Repeat nothing but the line containing "(still (still now" and the lines that follow it, up to and including the last line of the data below.

Extracted records:
+---+

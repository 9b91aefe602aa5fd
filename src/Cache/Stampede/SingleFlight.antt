-- ===== src/Cache/Stampede/SingleFlight.antt =====
-- Which callers of a cache with stampede protection run the lookup.
use redfx.Common.{
  ℕ, ◌≢◌, ◌≡◌, inl, inr, refl, String, true, false, Option, none, some, eqb, arith, eq_refl,
  Bool-cases,
}
use redfx.Effect.{Exit, succeed}
use redfx.Cache.Options.{CacheError, OnTimeout}
use redfx.Cache.Stampede.{
  Server, Reply, works, lost, Pc, reading, gone, finished, Answer, is_own, move, System, turn, Step,
  pick, dies, value_gone, lock_gone, Reach, here, later, start, after_get,
}

module _ {E A : Type 0} (on_timeout : OnTimeout) (timeout : CacheError E) (token : ℕ → String) where
  -- Steps behind each of which the value is there.
  pub data Cached (s : System E A) : System E A → Type 0 where
    now : Cached s s
    still :
        {t u : System E A}
        → Cached s t
        → Step on_timeout timeout token t u
        → u.server.value ≢ none
        → Cached s u

  -- It has not begun a round, or has ended it with no lookup.
  pub data Served : Pc E A → Type 0 where
    not_begun : Served reading
    ended : (o : Exit (CacheError E) A) → Served (finished o)
    lost_process : Served gone

  after_get-Served : (rp : Reply) (v : Option A) → v ≢ none → Served (after_get rp v)
  unfolding after_get
  after_get-Served (lost e applied) v there = ended _
  after_get-Served works none there = absurd (there refl)
  after_get-Served works (some a) there = ended _

  move-Served :
      (t : String) (x : Answer E A) (m : Server A) (p : Pc E A)
      → m.value ≢ none
      → Served p
      → Served (move on_timeout timeout t x m p).1
  unfolding move
  move-Served t x m _ there not_begun = after_get-Served x.reply m.value there
  move-Served t x m _ there (ended o) = ended o
  move-Served t x m _ there lost_process = lost_process

  Step-Served :
      {s u : System E A} (j : ℕ)
      → s.server.value ≢ none
      → Step on_timeout timeout token s u
      → Served (s.pc j)
      → Served (u.pc j)
  unfolding turn
  Step-Served {s} j there (pick i x) served = elim (Bool-cases (eqb i j)) [
    | inl same ↦
        let one : i ≡ j = ground arith in
        rw same (move-Served (token i) x s.server (s.pc i) there (rw one served))
    | inr differ ↦ rw differ served
  ]
  Step-Served {s} j there (dies i) served = elim (Bool-cases (eqb i j)) [
    | inl same ↦ rw same lost_process
    | inr differ ↦ rw differ served
  ]
  Step-Served j there value_gone served = served
  Step-Served j there (lock_gone safe) served = served

  Cached-has : {s u : System E A} → s.server.value ≢ none → Cached s u → u.server.value ≢ none
  Cached-has there now = there
  Cached-has there (still run st kept) = kept

  -- A caller that has not begun its round when the value is stored never runs the lookup as long as
  -- the value stays, whatever the other callers do: at any later time it has not begun, its process
  -- is gone, or it has its outcome.
  pub late_caller-Served :
      {s u : System E A} (j : ℕ)
      → s.server.value ≢ none
      → s.pc j ≡ reading
      → Cached s u
      → Served (u.pc j)
  late_caller-Served j there first now = rw first not_begun
  late_caller-Served {s} j there first (still {t} run st kept) =
      Step-Served j (Cached-has there run) st (late_caller-Served j there first run)

  -- The answers of a server and a lookup that work.
  abbrev answer : A → Answer E A
  answer a = record { reply = works; lookup = succeed a; timed_out = false }

  abbrev go : A → ℕ → System E A → System E A
  go a k s = turn on_timeout timeout token k (answer a) s

  -- `i` reads, then `j` takes a whole round, then `i` takes one from its SET on.
  unfoldable pub overtaken : ℕ → ℕ → A → System E A → System E A
  overtaken i j a s = go a i (go a i (go a j (go a j (go a j (go a j (go a j (go a i s)))))))

  overtaken-Reach :
      (i j : ℕ) (a : A) (s : System E A) → Reach on_timeout timeout token s (overtaken i j a s)
  unfolding overtaken
  overtaken-Reach i j a s =
      later
        (later
          (later
            (later (later (later (later (later here (pick i _)) (pick j _)) (pick j _)) (pick j _))
              (pick j _))
            (pick j _))
          (pick i _))
        (pick i _)

  -- Two callers can run the lookup one behind the other although the value of the first is stored and
  -- no lock or value has expired: `i` reads before `j` stores, and takes the lock after `j` releases
  -- it, without reading again. With every reply a success, the run is one of the machine, the value
  -- of `j` is there before `i` has its lock, and the lookup is run twice.
  pub overtaken_looks_up_twice :
      (i j : ℕ) (a : A)
      → i ≢ j
      → let s = overtaken i j a (start none) in
        Reach on_timeout timeout token (start none) s × (s.server.value ≡ some a) × (s.lookups ≡ 2)
  unfolding overtaken turn move is_own
  overtaken_looks_up_twice i j a differ =
      let ii : eqb i i ≡ true = ground arith in
      let jj : eqb j j ≡ true = ground arith in
      let ij : eqb i j ≡ false = ground arith in
      let ji : eqb j i ≡ false = ground arith in
      let own = eq_refl (token j) in
      (overtaken-Reach i j a _, simp (ii, jj, ij, ji, own), simp (ii, jj, ij, ji, own))
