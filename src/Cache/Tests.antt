-- ===== src/Cache/Tests.antt =====
-- The theorems about the caches at concrete inputs: over callers numbered from 0, over a server that answers null to everything,
-- so that a caller waits until its timeout, and over one that keeps values, locks and scripts.
mod Callers
mod Silent
mod Stored
mod Tiers
mod Instances
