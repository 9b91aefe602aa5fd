-- ===== src/Js/Text/Show.antt =====
-- The decimal text of a natural number determines the number.
use Prim.Native.Nat.{compare, Ordering}
use Prim.Native.Char.{char, code}
use mathlib.Core.Path.{subst}
use redfx.Common.{
  ℕ, zero, suc, ◌+◌, ◌*◌, ◌/◌, ◌%◌, ◌<◌, ◌≡◌, refl, ap, sym, ◌∙◌, List, [], ◌∷◌, map, arith, All,
}
use redfx.Js.Text.{
  codes, chr, dec_scalar, Scalar, replacement, digits_fuel, digits, digits_text, show,
}

-- The number that decimal digits spell behind n.
pub value : ℕ → List ℕ → ℕ
value n [] = n
value n (d ∷ ds) = value (n * 10 + d) ds

value-digits_fuel :
    (fuel n : ℕ) (out : List ℕ) → n < fuel → value 0 (digits_fuel fuel n out) ≡ value n out
unfolding value digits_fuel
value-digits_fuel zero n out h = absurd (omega arith)
value-digits_fuel (suc fuel) n out h =
    ground (arith, value-digits_fuel fuel (n / 10) ((n % 10) ∷ out))

digits_fuel-IsDigits :
    (fuel n : ℕ) (out : List ℕ)
    → n < fuel
    → All (λ d. d < 10) out
    → All (λ d. d < 10) (digits_fuel fuel n out)
unfolding digits_fuel
digits_fuel-IsDigits zero n out h hs = absurd (omega arith)
digits_fuel-IsDigits (suc fuel) n out h hs =
    ground (arith, digits_fuel-IsDigits fuel (n / 10) ((n % 10) ∷ out))

compare-lt : (a b : ℕ) → a < b → compare a b ≡ Ordering.lt
compare-lt a b h = ground arith

code-chr : (n : ℕ) → n < 55296 → code (chr n) ≡ n
unfolding chr
code-chr n h =
    elim (dec_scalar (compare n 55296) (compare 57343 n) (compare n 1114112))
      as (λ d. code (elim d [ yes p ↦ char n p | no _ ↦ replacement ]) ≡ n) [
        | yes p ↦ refl
        | no outside ↦ absurd (
            outside (
              subst (λ o. Scalar o (compare 57343 n) (compare n 1114112))
                (sym (compare-lt n 55296 h)) tt))
      ]

codes-digits_text :
    (ds : List ℕ) → All (λ d. d < 10) ds → codes (digits_text ds) ≡ map (λ d. 48 + d) ds
unfolding digits_text
codes-digits_text [] h = refl
codes-digits_text (d ∷ ds) (p, h) = rw (code-chr (48 + d) (omega arith), codes-digits_text ds h)

map-digits_injective :
    (ds es : List ℕ) → map (λ (d : ℕ). 48 + d) ds ≡ map (λ (d : ℕ). 48 + d) es → ds ≡ es
map-digits_injective [] [] h = refl
map-digits_injective [] (e ∷ es) h = cc
map-digits_injective (d ∷ ds) [] h = cc
map-digits_injective (d ∷ ds) (e ∷ es) h = ground (arith, map-digits_injective ds es)

-- Two numbers with the same decimal text are equal.
pub show_injective : (m n : ℕ) → show m ≡ show n → m ≡ n
unfolding show digits
show_injective m n h =
    let ds = digits_fuel-IsDigits (suc m) m [] (omega arith) tt in
    let es = digits_fuel-IsDigits (suc n) n [] (omega arith) tt in
    let same =
      map-digits_injective (digits m) (digits n)
        (sym (codes-digits_text (digits m) ds) ∙ ap codes h ∙ codes-digits_text (digits n) es) in
    unfold value in
    (sym (value-digits_fuel (suc m) m [] (omega arith))
      ∙ ap (value 0) same
      ∙ value-digits_fuel (suc n) n [] (omega arith))
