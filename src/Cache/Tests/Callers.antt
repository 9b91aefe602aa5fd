-- ===== src/Cache/Tests/Callers.antt =====
-- The theorems about several callers of one key at concrete inputs: callers numbered from 0, whose
-- tokens are their numbers.
use redfx.Common.{ℕ, String, ◌≢◌, ◌≡◌, refl, false, Option, none, some, arith}
use redfx.Js.Text.{show}
use redfx.Js.Text.Show.{show_injective}
use redfx.Effect.{succeed}
use redfx.RedisError.{connection_error}
use redfx.Cache.Options.{CacheError, redis_error, give_up}
use redfx.Cache.Stampede.{
  works, looking, waiting, System, Answer, turn, move, pick, Reach, here, later, start,
}
use redfx.Cache.Stampede.Safety.{one_lookup_at_a_time}
use redfx.Cache.Stampede.SingleFlight.{
  now, still, Served, late_caller-Served, overtaken, overtaken_looks_up_twice,
}

abbrev timeout : CacheError String
timeout = redis_error (connection_error "timed out")

abbrev works_with : ℕ → Answer String ℕ
works_with n = record { reply = works; lookup = succeed n; timed_out = false }

abbrev acts : ℕ → System String ℕ → System String ℕ
acts i s = turn give_up timeout show i (works_with 5) s

-- Callers 0 and 1 both read a miss, 0 takes the lock and 1 is refused.
abbrev contended : System String ℕ
contended = acts 1 (acts 0 (acts 1 (acts 0 (start none))))

contended-Reach : Reach give_up timeout show (start none) contended
contended-Reach = later (later (later (later here (pick 0 _)) (pick 1 _)) (pick 0 _)) (pick 1 _)

contended_runs : (contended.pc 0 ≡ looking) × (contended.pc 1 ≡ waiting)
unfolding turn move
contended_runs = (refl, refl)

one_lookup_at_a_time_example : ◌≡◌ {A = ℕ} 0 0
unfolding turn move
one_lookup_at_a_time_example =
    one_lookup_at_a_time give_up timeout show show_injective none contended-Reach 0 0 refl refl

present : ◌≢◌ {A = Option ℕ} (some 5) none
present h = cc

late_caller-Served_example : Served give_up timeout show ((acts 1 (acts 0 (start (some 5)))).pc 1)
unfolding turn move
late_caller-Served_example =
    late_caller-Served give_up timeout show {s = start (some 5)} 1 present refl
      (still (still now (pick 0 (works_with 5)) present) (pick 1 (works_with 5)) present)

overtaken_looks_up_twice_example :
    let s = overtaken {A = ℕ} give_up timeout show 0 1 5 (start none) in
    Reach give_up timeout show (start none) s × (s.server.value ≡ some 5) × (s.lookups ≡ 2)
overtaken_looks_up_twice_example =
    overtaken_looks_up_twice give_up timeout show 0 1 5 (λ h. ground arith)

+---+

Task result:
      (still (still now (pick 0 (works_with 5)) present) (pick 1 (works_with 5)) present)

overtaken_looks_up_twice_example :
    let s = overtaken {A = ℕ} give_up timeout show 0 1 5 (start none) in
    Reach give_up timeout show (start none) s × (s.server.value ≡ some 5) × (s.lookups ≡ 2)
overtaken_looks_up_twice_example =
    overtaken_looks_up_twice give_up timeout show 0 1 5 (λ h. ground arith)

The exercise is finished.